Understanding the VIX Index

One of the world’s most iconic financial investors, Warren Buffett, believes first-time investors should look to get involved in equities when there is a “fear factor” that permeates the markets. The VIX Index is one of the most effective ways to gauge how much fear exists in the markets, measured on anticipated volatility for the S&P 500 index in the next 30 days. The higher the VIX Index, the greater the fear. At present, the VIX Index sits at around 30, which is certainly on the higher end of the measurement.

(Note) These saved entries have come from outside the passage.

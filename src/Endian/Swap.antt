-- ===== src/Endian/Swap.antt =====
-- The swaps as arithmetic on bytes, and their laws.
use xdrpp.Common.{ℕ, ◌+◌, ◌*◌, ◌/◌, ◌%◌, ◌^◌, ◌<◌, ◌≡◌, refl, Bool, true, false, arith, bit_or}
use xdrpp.Common.Bits.{bit_or_disjoint, bit_and_second_byte}
use xdrpp.Endian.{swap32, swap64, swap32le, swap32be, swap64le, swap64be}

-- Four bytes put side by side by `|`.
or_bytes :
    (a b c d : ℕ)
    → b < 256
    → c < 256
    → d < 256
    → bit_or (bit_or (bit_or (a * 2 ^ 24) (b * 2 ^ 16)) (c * 2 ^ 8)) d
      ≡ a * 2 ^ 24 + b * 2 ^ 16 + c * 2 ^ 8 + d
or_bytes a b c d hb hc hd = ground (
  arith,
  bit_or_disjoint 24 a (b * 2 ^ 16),
  bit_or_disjoint 16 (a * 256 + b) (c * 2 ^ 8),
  bit_or_disjoint 8 (a * 65536 + b * 256 + c) d,
)

-- `swap32` of a 32-bit number has the number's four bytes in the opposite order.
pub swap32_as_bytes :
    (v : ℕ)
    → v < 2 ^ 32
    → swap32 v ≡ v % 256 * 2 ^ 24 + v / 2 ^ 8 % 256 * 2 ^ 16 + v / 2 ^ 16 % 256 * 2 ^ 8 + v / 2 ^ 24
unfolding swap32
swap32_as_bytes v h = ground (
  arith,
  bit_and_second_byte v,
  bit_and_second_byte (v / 2 ^ 8),
  or_bytes (v % 256) (v / 2 ^ 8 % 256) (v / 2 ^ 16 % 256) (v / 2 ^ 24),
)

-- The swap of a word built from bytes.
pub swap32_bytes :
    (a b c d : ℕ)
    → a < 256
    → b < 256
    → c < 256
    → d < 256
    → swap32 (a * 2 ^ 24 + b * 2 ^ 16 + c * 2 ^ 8 + d) ≡ d * 2 ^ 24 + c * 2 ^ 16 + b * 2 ^ 8 + a
swap32_bytes a b c d ha hb hc hd =
    omega (arith, swap32_as_bytes (a * 2 ^ 24 + b * 2 ^ 16 + c * 2 ^ 8 + d) (omega arith))

pub swap32-lt : (v : ℕ) → v < 2 ^ 32 → swap32 v < 2 ^ 32
swap32-lt v h = omega (arith, swap32_as_bytes v h)

-- Swapping twice gives the word back.
pub swap32-swap32 : (v : ℕ) → v < 2 ^ 32 → swap32 (swap32 v) ≡ v
swap32-swap32 v h = ground (
  arith,
  swap32_as_bytes v h,
  swap32_bytes (v % 256) (v / 2 ^ 8 % 256) (v / 2 ^ 16 % 256) (v / 2 ^ 24),
)

-- A 64-bit swap swaps each word, and the words.
pub swap64_as_words :
    (v : ℕ) → v < 2 ^ 64 → swap64 v ≡ swap32 (v % 2 ^ 32) * 2 ^ 32 + swap32 (v / 2 ^ 32)
unfolding swap64
swap64_as_words v h = ground (
  arith,
  swap32-lt (v % 2 ^ 32),
  swap32-lt (v / 2 ^ 32),
  bit_or_disjoint 32 (swap32 (v % 2 ^ 32)) (swap32 (v / 2 ^ 32)),
)

-- Swapping the bytes of a 64-bit number twice gives the number back.
pub swap64-swap64 : (v : ℕ) → v < 2 ^ 64 → swap64 (swap64 v) ≡ v
swap64-swap64 v h =
    let hi : ℕ = swap32 (v % 2 ^ 32) in
    let lo : ℕ = swap32 (v / 2 ^ 32) in
    ground (
      arith,
      swap64_as_words v h,
      swap32-lt (v % 2 ^ 32),
      swap32-lt (v / 2 ^ 32),
      swap64_as_words (hi * 2 ^ 32 + lo),
      swap32-swap32 (v % 2 ^ 32),
      swap32-swap32 (v / 2 ^ 32),
    )

-- On either machine exactly one of the two conversions swaps.
pub swap32be-swap32le : (be : Bool) (v : ℕ) → swap32be be (swap32le be v) ≡ swap32 v
unfolding swap32be swap32le
swap32be-swap32le true v = refl
swap32be-swap32le false v = refl

pub swap64be-swap64le : (be : Bool) (v : ℕ) → swap64be be (swap64le be v) ≡ swap64 v
unfolding swap64be swap64le
swap64be-swap64le true v = refl
swap64be-swap64le false v = refl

For context, the index went as high as 79 at the time of the global financial crisis in 2008 and hit 66 around the time of Covid-19’s emergence worldwide. It hovered around the 10-15 mark between 2013-2019, which demonstrates that volatility and uncertainty have ramped up in recent months.

How to invest in the stock market

There are two direct options you can take when investing in the stock market. First and foremost, you can choose to buy shares in specific companies outright. Secondly, you can choose to speculative on the price movement of an equity, without having to own the underlying asset. This is known as using contracts for difference (CFDs) which are offered by many online brokerages today.

If you choose to invest in a CFD stock, you’ll not only have the ability to profit if the asset rises in value. You can also take a short (sell) position and profit if the value of the underlying asset declines. This gives retail investors like you greater flexibility to turn a profit, regardless of whether the stock market is bullish or bearish.

Always be mindful of the risks involved

As with all forms of investing, trading the stock markets involves an element of risk. Be under no illusions, it is possible to lose all the money you invest – especially if you don’t adopt a strict risk management strategy.

If you decide to trade equities using CFDs, it’s a good idea to utilize any trading software supplied by your chosen brokerage. The most state-of-the-art trading software will enable you to set stop-loss and take-profit orders that not only limit your loss per trade but set acceptable profit figures. All of which helps to remove the emotion from trading. With thorough risk management, you can open a trade knowing full well your maximum loss size and your maximum profit size.

Treat the financial markets with humility. They owe you nothing. But with the right approach, it’s still possible to make money from stocks, even when the markets are at their most fragile.